Grandes poderes, grandes responsabilidades.
Ser inteligente não é nada sem ser sábio. Por isso, em oração, peça sabedoria — principalmente em como viver bem — e a inteligência disso decorre. Não sou eu quem digo, mas a história e os circuitos de consagração social definiram o que é ser inteligente, o que é ter cultura, o que é ser elegante, e, tautologicamente, o seu contrário.
A minha cultura, a minha erudição, para a minha idade — sinceramente, 33 anos — chega a ser até constrangedora. Não para mim, mas para a maioria das pessoas. Todos conhecem na família alguém que é considerado inteligente ou culto, e é bem provável que já tenham mais do que o dobro da minha idade. Se os mais velhos pensarem em seus próprios filhos, sobrinhos, netos, e me compararem com eles, aí esse abismo e constrangimento deve ficar ainda mais evidente.

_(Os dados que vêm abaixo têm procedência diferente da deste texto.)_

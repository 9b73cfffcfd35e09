-- ===== src/Mcp/Table.antt =====
-- internal/mcp/format.go: the text table of a result, with its caps and notices. Runes are counted as the
-- bytes that start one, as they are in valid UTF-8.
use d9s.Base.{
  ℕ, zero, suc, ◌+◌, ◌-◌, Bool, true, false, ◌||◌, List, [], ◌∷◌, ◌++◌, Option, none, some, Bytes,
  codes, ltb, ◌==◌, if◌then◌else◌, length, take, max, fields,
}
use d9s.Base.Int.{ℤ, pos, negsuc, itoa}
use d9s.Mcp.Cut.{is_rune_start, cut_bytes, max_bytes, notice_reserve}

-- MaxRows and maxCellBytes
abbrev pub max_rows : ℕ
max_rows = 200

abbrev pub max_cell_bytes : ℕ
max_cell_bytes = 2048

-- utf8.RuneCountInString
unfoldable pub rune_count : Bytes → ℕ
rune_count [] = 0
rune_count (b ∷ s) = let rest = rune_count s in if is_rune_start b then suc rest else rest

-- The cells of a row, each within its cap, and how many were cut.
unfoldable pub cut_row : List Bytes → List Bytes × ℕ
unfolding cut_bytes
cut_row [] = ([], 0)
cut_row (value ∷ row) =
    let (cells, cut) = cut_row row in
    let (text, was_cut) = cut_bytes value max_cell_bytes in
    (text ∷ cells, if was_cut then suc cut else cut)

unfoldable pub cut_rows : List (List Bytes) → List (List Bytes) × ℕ
unfolding cut_row
cut_rows [] = ([], 0)
cut_rows (row ∷ rows) =
    let (cells, cut) = cut_row row in let (more, cuts) = cut_rows rows in (cells ∷ more, cut + cuts)

unfoldable pub name_widths : List Bytes → List ℕ
unfolding rune_count
name_widths [] = []
name_widths (name ∷ names) = rune_count name ∷ name_widths names

-- The widths with those of one row.
unfoldable pub widened : List ℕ → List Bytes → List ℕ
unfolding rune_count
widened [] row = []
widened (w ∷ ws) [] = w ∷ ws
widened (w ∷ ws) (value ∷ row) = max w (rune_count value) ∷ widened ws row

unfoldable pub all_widths : List ℕ → List (List Bytes) → List ℕ
unfolding widened
all_widths ws [] = ws
all_widths ws (row ∷ rows) = all_widths (widened ws row) rows

-- strings.Repeat of one byte
unfoldable pub repeated : ℕ → ℕ → Bytes
repeated zero b = []
repeated (suc n) b = b ∷ repeated n b

-- line, from a cell on
unfoldable pub line_from : List Bytes → List ℕ → Bytes
unfolding rune_count repeated
line_from [] ws = []
line_from (value ∷ []) ws = value
line_from (value ∷ next ∷ row) [] = value ++ codes " | " ++ line_from (next ∷ row) []
line_from (value ∷ next ∷ row) (w ∷ ws) =
    value ++ repeated (w - rune_count value) b' ' ++ codes " | " ++ line_from (next ∷ row) ws

-- line
unfoldable pub line : List Bytes → List ℕ → Bytes
unfolding line_from
line row ws = line_from row ws ++ codes "\n"

unfoldable pub rule_from : List ℕ → Bytes
unfolding repeated
rule_from [] = []
rule_from (w ∷ []) = repeated w b'-'
rule_from (w ∷ v ∷ ws) = repeated w b'-' ++ codes "-+-" ++ rule_from (v ∷ ws)

-- rule
unfoldable pub rule : List ℕ → Bytes
unfolding rule_from
rule ws = rule_from ws ++ codes "\n"

unfoldable pub table_head : List Bytes → List ℕ → Bytes
unfolding line rule
table_head [] ws = []
table_head (c ∷ columns) ws = line (c ∷ columns) ws ++ rule ws

-- The loop that writes the rows, up to the first one that is over the budget: the text, and how many.
unfoldable pub write_rows : ℕ → List ℕ → Bytes → ℕ → List (List Bytes) → Bytes × ℕ
unfolding line
write_rows budget ws text shown [] = (text, shown)
write_rows budget ws text shown (row ∷ rows) =
    let longer = text ++ line row ws in
    let more = write_rows budget ws longer (suc shown) rows in
    if ltb budget (length longer) then (text, shown) else more

-- The number of rows that there are, or none when it is not known.
unfoldable pub count_text : ℕ → Option ℕ → Bytes
unfolding itoa
count_text shown none = itoa (pos shown) ++ codes " rows shown and more remain"
count_text shown (some total) =
    itoa (pos shown) ++ codes " of " ++ itoa (pos total) ++ codes " rows shown"

-- The reasons, joined; none when no cap fired.
unfoldable pub reason_text : Bool → Bool → Bytes
reason_text true true = codes "the 200-row cap and the 102400-byte response cap"
reason_text true false = codes "the 200-row cap"
reason_text false true = codes "the 102400-byte response cap"
reason_text false false = []

unfoldable pub truncation_notice : Bytes → ℕ → Option ℕ → Bytes
unfolding count_text
truncation_notice [] shown total = []
truncation_notice (c ∷ reasons) shown total =
    codes "\nTruncated by "
    ++ (c ∷ reasons)
    ++ codes ": "
    ++ count_text shown total
    ++ codes ". Narrow the query with a WHERE clause or a LIMIT to see the rest.\n"

unfoldable pub cut_notice : ℕ → Bytes
unfolding itoa
cut_notice zero = []
cut_notice (suc n) =
    codes "Values over the 2048-byte cell cap were cut ("
    ++ itoa (pos (suc n))
    ++ codes " of them); a cut value ends with \""
    ++ (0xE2 ∷ 0x80 ∷ 0xA6 ∷ codes "(cut)\".\n")

-- renderGrid, on rows that there are: the rows within the row cap first.
unfoldable pub render_rows : List Bytes → List (List Bytes) → Option ℕ → Bool → Bytes
unfolding cut_rows all_widths name_widths table_head write_rows reason_text truncation_notice
    cut_notice cut_bytes
render_rows columns rows total more =
    let (cells, cut) = cut_rows (take max_rows rows) in
    let ws = all_widths (name_widths columns) cells in
    let (text, shown) =
      write_rows (max_bytes - notice_reserve) ws (table_head columns ws) 0 cells in
    let reasons = reason_text (more || ltb max_rows (length rows)) (ltb shown (length cells)) in
    (cut_bytes (text ++ truncation_notice reasons shown total ++ cut_notice cut) max_bytes).0

-- renderGrid
unfoldable pub render_grid : List Bytes → List (List Bytes) → Option ℕ → Bool → Bytes
unfolding render_rows
render_grid columns [] total more = codes "(no rows)"
render_grid columns (row ∷ rows) total more = render_rows columns (row ∷ rows) total more

-- grid and gridPaged
unfoldable pub grid : List Bytes → List (List Bytes) → Bytes
unfolding render_grid
grid columns rows = render_grid columns rows (some (length rows)) false

unfoldable pub grid_paged : List Bytes → List (List Bytes) → Bool → Bytes
unfolding render_grid
grid_paged columns rows more = render_grid columns rows none more

unfoldable pub spaced : List Bytes → Bytes
spaced [] = []
spaced (f ∷ []) = f
spaced (f ∷ g ∷ fs) = f ++ codes " " ++ spaced (g ∷ fs)

-- oneLine
unfoldable pub one_line : Bytes → Bytes
unfolding spaced fields cut_bytes
one_line s = (cut_bytes (spaced (fields s)) 200).0

-- heading
unfoldable pub heading : Bytes → Bytes
unfolding one_line
heading statement = codes "-- " ++ one_line statement ++ codes "\n"

-- formatSkipped and formatFailure
unfoldable pub format_skipped : Bytes → Bytes
unfolding heading
format_skipped statement =
    heading statement ++ codes "Skipped: an earlier statement in the same call failed.\n"

unfoldable pub format_failure : Bytes → Bytes → Bytes
unfolding heading
format_failure statement err = heading statement ++ codes "Failed: " ++ err ++ codes "\n"

-- countRows
unfoldable pub count_rows : ℕ → Bytes
unfolding itoa
count_rows n = if n == 1 then codes "1 row" else itoa (pos n) ++ codes " rows"

-- The rows that a statement affected, none being a negative count; `elapsed` is the printed duration.
unfoldable pub done_text : ℤ → Bytes → Bytes
unfolding count_rows
done_text (pos n) elapsed =
    codes "OK: " ++ count_rows n ++ codes " affected in " ++ elapsed ++ codes ".\n"
done_text (negsuc n) elapsed = codes "OK in " ++ elapsed ++ codes ".\n"

-- formatPage
unfoldable pub format_page : Bytes → List Bytes → List (List Bytes) → Bool → ℤ → Bytes → Bytes
unfolding heading grid_paged done_text
format_page statement [] rows more affected elapsed =
    heading statement ++ done_text affected elapsed
format_page statement (c ∷ columns) rows more affected elapsed =
    heading statement ++ grid_paged (c ∷ columns) rows more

Como diz Heráclito na sua pretensão, acusando até símbolos da cultura como Hesíodo e Homero, ele falava que sabiam muito, mas não entendiam de nada. E olha que eles escreveram simplesmente a Teogonia e a Odisseia — imagina as demais pessoas. Isso quer dizer que as pessoas conhecem, mas não sabem relacionar o conhecimento com nada em algo prático, muito menos original. Elas têm, na verdade, informação, mas não têm conhecimento.

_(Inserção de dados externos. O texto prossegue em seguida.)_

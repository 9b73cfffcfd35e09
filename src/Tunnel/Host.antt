-- ===== src/Tunnel/Host.antt =====
-- internal/sshtunnel: where a tunnel connects, as whom, and with which agent. What the machine answers,
-- the files, the environment, the network and ssh itself, is a record.
use d9s.Base.{
  zero, suc, Bool, not, ◌&&◌, List, [], ◌∷◌, ◌++◌, Option, none, some, Bytes, codes, if◌then◌else◌,
  ◌⊎◌, inl, inr, equal, has_prefix, index_byte, contains_byte, take, drop, to_lower, trim_space,
}
use d9s.Base.Int.{ℤ, pos, itoa}
use d9s.Config.Connection.{Ssh}
use d9s.Config.Net.{atoi}
use d9s.Script.Split.{split_lines}

-- The functions of os, os/user, path/filepath, net, knownhosts and ssh that connect calls. E is the type of
-- their errors, K the host key check, S a socket and C a client.
pub record Machine (E K S C : Type 0) : Type 0 where
  pub home : E ⊎ Bytes
  pub join : List Bytes → Bytes
  pub is_socket : Bytes → Bool
  pub auth_sock : Bytes
  pub dial_agent : Bytes → E ⊎ S
  pub ssh_g : Bytes → Option Bytes
  pub current_user : E ⊎ Bytes
  pub exists : Bytes → Bool
  pub known_hosts : List Bytes → E ⊎ K
  pub dial_tcp : Bytes → E ⊎ S
  pub handshake : S → S → Bytes → Bytes → K → E ⊎ C

-- hostSettings
pub record HostSettings : Type 0 where
  pub hostname : Bytes
  pub user : Bytes
  pub port : ℤ

unfoldable pub set_port : HostSettings → Option ℤ → HostSettings
set_port s none = s
set_port s (some p) = record s { port = p }

-- The switch of lookupHost on a key and its value.
unfoldable pub set_host : Bytes → Bytes → HostSettings → HostSettings
unfolding to_lower equal atoi set_port
set_host key value s =
    if equal (to_lower key) (codes "hostname")
    then record s { hostname = value }
    else if equal (to_lower key) (codes "user")
    then record s { user = value }
    else if equal (to_lower key) (codes "port")
    then set_port s (atoi value)
    else s

unfoldable pub host_line : Bytes → HostSettings → HostSettings
unfolding set_host index_byte
host_line line s = elim (index_byte line b' ') [
  | none ↦ s
  | some i ↦ set_host (take i line) (drop (suc i) line) s
]

unfoldable pub host_lines : List Bytes → HostSettings → HostSettings
unfolding host_line trim_space
host_lines [] s = s
host_lines (line ∷ lines) s = host_lines lines (host_line (trim_space line) s)

-- lookupHost, on what ssh -G printed
unfoldable pub lookup_host : Bytes → Option Bytes → HostSettings
unfolding host_lines split_lines
lookup_host alias none = record { hostname = alias; user = []; port = pos 0 }
lookup_host alias (some out) =
    host_lines (split_lines out []) (record { hostname = alias; user = []; port = pos 0 })

-- cmp.Or
abbrev pub or_text : Bytes → Bytes → Bytes
or_text [] t = t
or_text (c ∷ s) t = c ∷ s

abbrev pub port_or : ℤ → ℤ → ℤ
port_or (pos zero) q = q
port_or p q = p

-- net.JoinHostPort
unfoldable pub join_host_port : Bytes → Bytes → Bytes
unfolding contains_byte
join_host_port host port =
    if contains_byte host b':'
    then codes "[" ++ host ++ codes "]:" ++ port
    else host ++ codes ":" ++ port

-- bastionAddr
unfoldable pub bastion_addr : Bytes → ℤ → Bytes
unfolding join_host_port itoa
bastion_addr hostname port = join_host_port hostname (itoa (port_or port (pos 22)))

-- What connect fails with, next to the errors of the machine.
pub data TunnelError (E : Type 0) : Type 0 where
  no_agent no_known_hosts : TunnelError E
  expanding agent_dial unknown_user no_home parsing_hosts dialing handshaking : E → TunnelError E

module _ {E K S C : Type 0} (m : Machine E K S C) where
  unfoldable pub expanded : Bytes → E ⊎ Bytes → TunnelError E ⊎ Bytes
  expanded p (inl err) = inl (expanding err)
  expanded p (inr home) = inr (m.join (home ∷ drop 1 p ∷ []))

  -- expandTilde
  unfoldable pub expand_tilde : Bytes → TunnelError E ⊎ Bytes
  unfolding expanded equal has_prefix
  expand_tilde p =
      if not (equal p (codes "~")) && not (has_prefix p (codes "~/"))
      then inr p
      else expanded p m.home

  -- The agent of the environment.
  unfoldable pub env_agent : Bytes → TunnelError E ⊎ Bytes
  env_agent [] = inl no_agent
  env_agent (c ∷ s) = inr (c ∷ s)

  unfoldable pub home_agent : E ⊎ Bytes → TunnelError E ⊎ Bytes
  unfolding env_agent
  home_agent (inl err) = env_agent m.auth_sock
  home_agent (inr home) =
      let p = m.join (home ∷ codes ".1password" ∷ codes "agent.sock" ∷ []) in
      if m.is_socket p then inr p else env_agent m.auth_sock

  -- resolveAgentSocket
  unfoldable pub resolve_agent_socket : Bytes → TunnelError E ⊎ Bytes
  unfolding expand_tilde home_agent
  resolve_agent_socket [] = home_agent m.home
  resolve_agent_socket (c ∷ explicit) = expand_tilde (c ∷ explicit)

  unfoldable pub os_user : E ⊎ Bytes → TunnelError E ⊎ Bytes
  os_user (inl err) = inl (unknown_user err)
  os_user (inr name) = inr name

  -- resolveUser
  unfoldable pub resolve_user : Bytes → TunnelError E ⊎ Bytes
  unfolding os_user
  resolve_user [] = os_user m.current_user
  resolve_user (c ∷ configured) = inr (c ∷ configured)

  -- The files of hostKeyCallback that there are.
  unfoldable pub existing : Bytes → List Bytes → List Bytes
  existing home [] = []
  existing home (name ∷ names) =
      let p = m.join (home ∷ codes ".ssh" ∷ name ∷ []) in
      let rest = existing home names in if m.exists p then p ∷ rest else rest

  unfoldable pub checked_hosts : E ⊎ K → TunnelError E ⊎ K
  checked_hosts (inl err) = inl (parsing_hosts err)
  checked_hosts (inr k) = inr k

  unfoldable pub read_hosts : List Bytes → TunnelError E ⊎ K
  unfolding checked_hosts
  read_hosts [] = inl no_known_hosts
  read_hosts (f ∷ files) = checked_hosts (m.known_hosts (f ∷ files))

  -- hostKeyCallback
  unfoldable pub host_key_callback : E ⊎ Bytes → TunnelError E ⊎ K
  unfolding existing read_hosts
  host_key_callback (inl err) = inl (no_home err)
  host_key_callback (inr home) =
      read_hosts (existing home (codes "known_hosts" ∷ codes "known_hosts2" ∷ []))

  unfoldable pub shaken : E ⊎ C → TunnelError E ⊎ C
  shaken (inl err) = inl (handshaking err)
  shaken (inr c) = inr c

  unfoldable pub with_socket : S → Bytes → Bytes → K → E ⊎ S → TunnelError E ⊎ C
  unfolding shaken
  with_socket agent user addr key (inl err) = inl (dialing err)
  with_socket agent user addr key (inr s) = shaken (m.handshake agent s user addr key)

  unfoldable pub with_key : S → Bytes → Bytes → TunnelError E ⊎ K → TunnelError E ⊎ C
  unfolding with_socket
  with_key agent user addr (inl err) = inl err
  with_key agent user addr (inr key) = with_socket agent user addr key (m.dial_tcp addr)

  unfoldable pub with_user : S → Bytes → TunnelError E ⊎ Bytes → TunnelError E ⊎ C
  unfolding with_key host_key_callback
  with_user agent addr (inl err) = inl err
  with_user agent addr (inr user) = with_key agent user addr (host_key_callback m.home)

  unfoldable pub with_agent : Ssh → E ⊎ S → TunnelError E ⊎ C
  unfolding with_user lookup_host resolve_user bastion_addr
  with_agent cfg (inl err) = inl (agent_dial err)
  with_agent cfg (inr agent) =
      let host = lookup_host cfg.bastion (m.ssh_g cfg.bastion) in
      with_user agent (bastion_addr host.hostname (port_or cfg.port host.port))
        (resolve_user (or_text cfg.user host.user))

  unfoldable pub with_agent_at : Ssh → TunnelError E ⊎ Bytes → TunnelError E ⊎ C
  unfolding with_agent
  with_agent_at cfg (inl err) = inl err
  with_agent_at cfg (inr path) = with_agent cfg (m.dial_agent path)

  -- connect
  unfoldable pub connect : Ssh → TunnelError E ⊎ C
  unfolding with_agent_at resolve_agent_socket
  connect cfg = with_agent_at cfg (resolve_agent_socket cfg.agent_socket)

Eu, é verdade, não saberia soletrar como os gênios do Huck, ou mesmo responder as perguntas do Quem Quer Ser Milionário? ou até mesmo os jogos dos pontinhos do saudoso Silvio, mas convenhamos: de que me serve isso? O conhecimento bom é aquele que ilumina e dignifica a vida — literatura, cinema, música, artes, jogos, esportes, poesia. E, como sou discípulo de Terêncio, nada do que é humano me é estranho, porque eu também sou humano.
Porém, o fardo é a inveja e o recalque dos que dormem, os que querem ter cultura no grito ou comprá-la, adquirindo a cosmética do saber, mas sem argumentos ou conteúdo relevantes. Esses me dão certa pena.

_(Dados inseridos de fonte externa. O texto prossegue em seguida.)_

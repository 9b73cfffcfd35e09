-- ===== src/Mcp/Listing.antt =====
-- internal/mcp/tools.go: the tools that list, and what they show of a connection.
pub mod Withheld
use d9s.Base.{
  ℕ, zero, suc, Bool, true, false, not, ◌&&◌, ◌||◌, List, [], ◌∷◌, ◌++◌, Option, none, some, Bytes,
  codes, ◌==◌, if◌then◌else◌, ◌⊎◌, inl, inr, equal, trim_space,
}
use d9s.Base.Int.{itoa}
use d9s.Config.Connection.{
  Ssh, Connection, is_unix_socket, is_op_ref, is_env_ref, effective_tls_mode,
}
use d9s.Mcp.Table.{grid}
use d9s.Script.Split.{split_lines}
use d9s.Script.Token.{EngineType, postgres, clickhouse, redis, unknown}
use d9s.Tunnel.Host.{join_host_port}

-- string(conn.Type)
unfoldable pub engine_text : EngineType → Bytes
engine_text postgres = codes "postgres"
engine_text clickhouse = codes "clickhouse"
engine_text redis = codes "redis"
engine_text (unknown w) = w

-- endpoint
unfoldable pub endpoint : Connection → Bytes
unfolding is_unix_socket join_host_port itoa
endpoint conn = if is_unix_socket conn then conn.host else join_host_port conn.host (itoa conn.port)

-- sshLabel
unfoldable pub ssh_label : Option Ssh → Bytes
ssh_label none = codes "-"
ssh_label (some ssh) = codes "via " ++ ssh.bastion

-- passwordRef
unfoldable pub password_ref : Bytes → Bytes
unfolding is_op_ref is_env_ref equal
password_ref password =
    if equal password []
    then codes "none"
    else if is_op_ref password || is_env_ref password
    then password
    else codes "(literal in config; withheld)"

-- orDash
unfoldable pub or_dash : Bytes → Bytes
or_dash [] = codes "-"
or_dash (c ∷ v) = c ∷ v

-- The row of a connection in listConnections.
unfoldable pub connection_row : Bool → Connection → List Bytes
unfolding endpoint or_dash ssh_label effective_tls_mode password_ref engine_text
connection_row allow_write conn =
    conn.name
    ∷ engine_text conn.engine
    ∷ endpoint conn
    ∷ or_dash conn.database
    ∷ ssh_label conn.ssh
    ∷ effective_tls_mode conn
    ∷ password_ref conn.password
    ∷ (if allow_write && conn.allow_write then codes "allowed" else codes "read-only")
    ∷ []

unfoldable pub connection_rows : Bool → List Connection → List (List Bytes)
unfolding connection_row
connection_rows allow_write [] = []
connection_rows allow_write (conn ∷ conns) =
    connection_row allow_write conn ∷ connection_rows allow_write conns

-- writeGateNote
unfoldable pub write_gate_note : Bool → Bytes
write_gate_note true =
    codes
      "Writes need --allow-write (given) and allow_write: true on the connection; connections marked read-only above lack the second.\n"
write_gate_note false =
    codes
      "All connections are read-only: this server was started without --allow-write, so destructive statements are refused whatever a connection configures.\n"

abbrev pub connection_columns : List Bytes
connection_columns =
    codes "NAME"
    ∷ codes "ENGINE"
    ∷ codes "ADDRESS"
    ∷ codes "DATABASE"
    ∷ codes "SSH"
    ∷ codes "TLS"
    ∷ codes "PASSWORD"
    ∷ codes "WRITES"
    ∷ []

-- listConnections
unfoldable pub list_connections : Bool → List Connection → Bytes
unfolding connection_rows grid write_gate_note
list_connections allow_write [] =
    codes
      "No connections are configured. Add one to the d9s config file, or check the --connections allowlist this server was started with."
list_connections allow_write (conn ∷ conns) =
    grid connection_columns (connection_rows allow_write (conn ∷ conns))
    ++ codes "\n"
    ++ write_gate_note allow_write

-- db.Column
pub record Column : Type 0 where
  pub name : Bytes
  pub kind : Bytes
  pub nullable : Bool
  pub detail : Bytes

-- What the other tools fail with.
pub data ListError (E : Type 0) : Type 0 where
  empty_table : ListError E
  no_session : E → ListError E
  not_listed : E → ListError E

unfoldable pub pair_rows : List (Bytes × Bytes) → List (List Bytes)
pair_rows [] = []
pair_rows (p ∷ ps) = (p.0 ∷ p.1 ∷ []) ∷ pair_rows ps

unfoldable pub column_rows : List Column → List (List Bytes)
column_rows [] = []
column_rows (c ∷ cs) =
    (c.name ∷ c.kind ∷ (if c.nullable then codes "null" else codes "not null") ∷ c.detail ∷ [])
    ∷ column_rows cs

module _ {E : Type 0} where
  unfoldable pub listed : E ⊎ List (Bytes × Bytes) → ListError E ⊎ Bytes
  unfolding grid pair_rows
  listed (inl err) = inl (not_listed err)
  listed (inr pairs) = inr (grid (codes "NAME" ∷ codes "DETAIL" ∷ []) (pair_rows pairs))

  unfoldable pub described : E ⊎ List Column → ListError E ⊎ Bytes
  unfolding grid column_rows
  described (inl err) = inl (not_listed err)
  described (inr cols) = inr (
      grid (codes "NAME" ∷ codes "TYPE" ∷ codes "NULLABLE" ∷ codes "DETAIL" ∷ [])
        (column_rows cols))

  module _ {D : Type 0} (session : Bytes → Bytes → E ⊎ D) where
    unfoldable pub on_session : E ⊎ D → (D → ListError E ⊎ Bytes) → ListError E ⊎ Bytes
    on_session (inl err) use_it = inl (no_session err)
    on_session (inr d) use_it = use_it d

    -- listDatabases
    unfoldable pub list_databases : (D → E ⊎ List (Bytes × Bytes)) → Bytes → ListError E ⊎ Bytes
    unfolding on_session listed
    list_databases databases connection =
        on_session (session connection []) (λ d. listed (databases d))

    -- listTables
    unfoldable pub list_tables :
        (D → E ⊎ List (Bytes × Bytes)) → Bytes → Bytes → ListError E ⊎ Bytes
    unfolding on_session listed
    list_tables tables connection database =
        on_session (session connection database) (λ d. listed (tables d))

    -- describeTable
    unfoldable pub describe_table :
        (D → Bytes → E ⊎ List Column) → Bytes → Bytes → Bytes → ListError E ⊎ Bytes
    unfolding on_session described trim_space equal
    describe_table columns connection database table =
        let found = on_session (session connection database) (λ d. described (columns d table)) in
        if equal (trim_space table) [] then inl empty_table else found

-- The parts of a text between its commas.
unfoldable pub comma_parts : Bytes → Bytes → List Bytes
comma_parts [] part = part ∷ []
comma_parts (c ∷ s) part =
    let ended = part ∷ comma_parts s [] in
    let longer = comma_parts s (part ++ c ∷ []) in if c == b',' then ended else longer

unfoldable pub named_parts : List Bytes → List Bytes
unfolding trim_space equal
named_parts [] = []
named_parts (p ∷ ps) =
    let rest = named_parts ps in if equal (trim_space p) [] then rest else trim_space p ∷ rest

-- splitList
unfoldable pub split_list : Bytes → List Bytes
unfolding comma_parts named_parts
split_list v = named_parts (comma_parts v [])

Normalmente, quando há algum problema, é comum as pessoas buscarem ajuda de outras, mas no meu caso, quem melhor preparado e competente do que eu mesmo para resolver meus próprios problemas? No final, a melhor solução — mais pensada, mais embasada, mais técnica — será a minha mesma, tanto pelo conhecimento tácito ou explícito, empírico ou intuitivo.
E mesmo nas questões da mente, eu tenho um psiquiatra, e até um psicólogo, mas, sinceramente, eles não leram tanto sobre psicologia ou psiquiatria quanto eu, e muito menos com os pais da matéria, ou quem pensou o assunto antes mesmo de surgir a disciplina, ou mesmo a subjetividade, ou até o conceito do eu.
Também tenho a erudição para fazer a genealogia da evolução dos saberes, da epistemologia, de como nasceu o eu, a mente, o homem moderno que, como diz Foucault, nasceu no século XIX — é breve — e seu desaparecimento será tão breve quanto.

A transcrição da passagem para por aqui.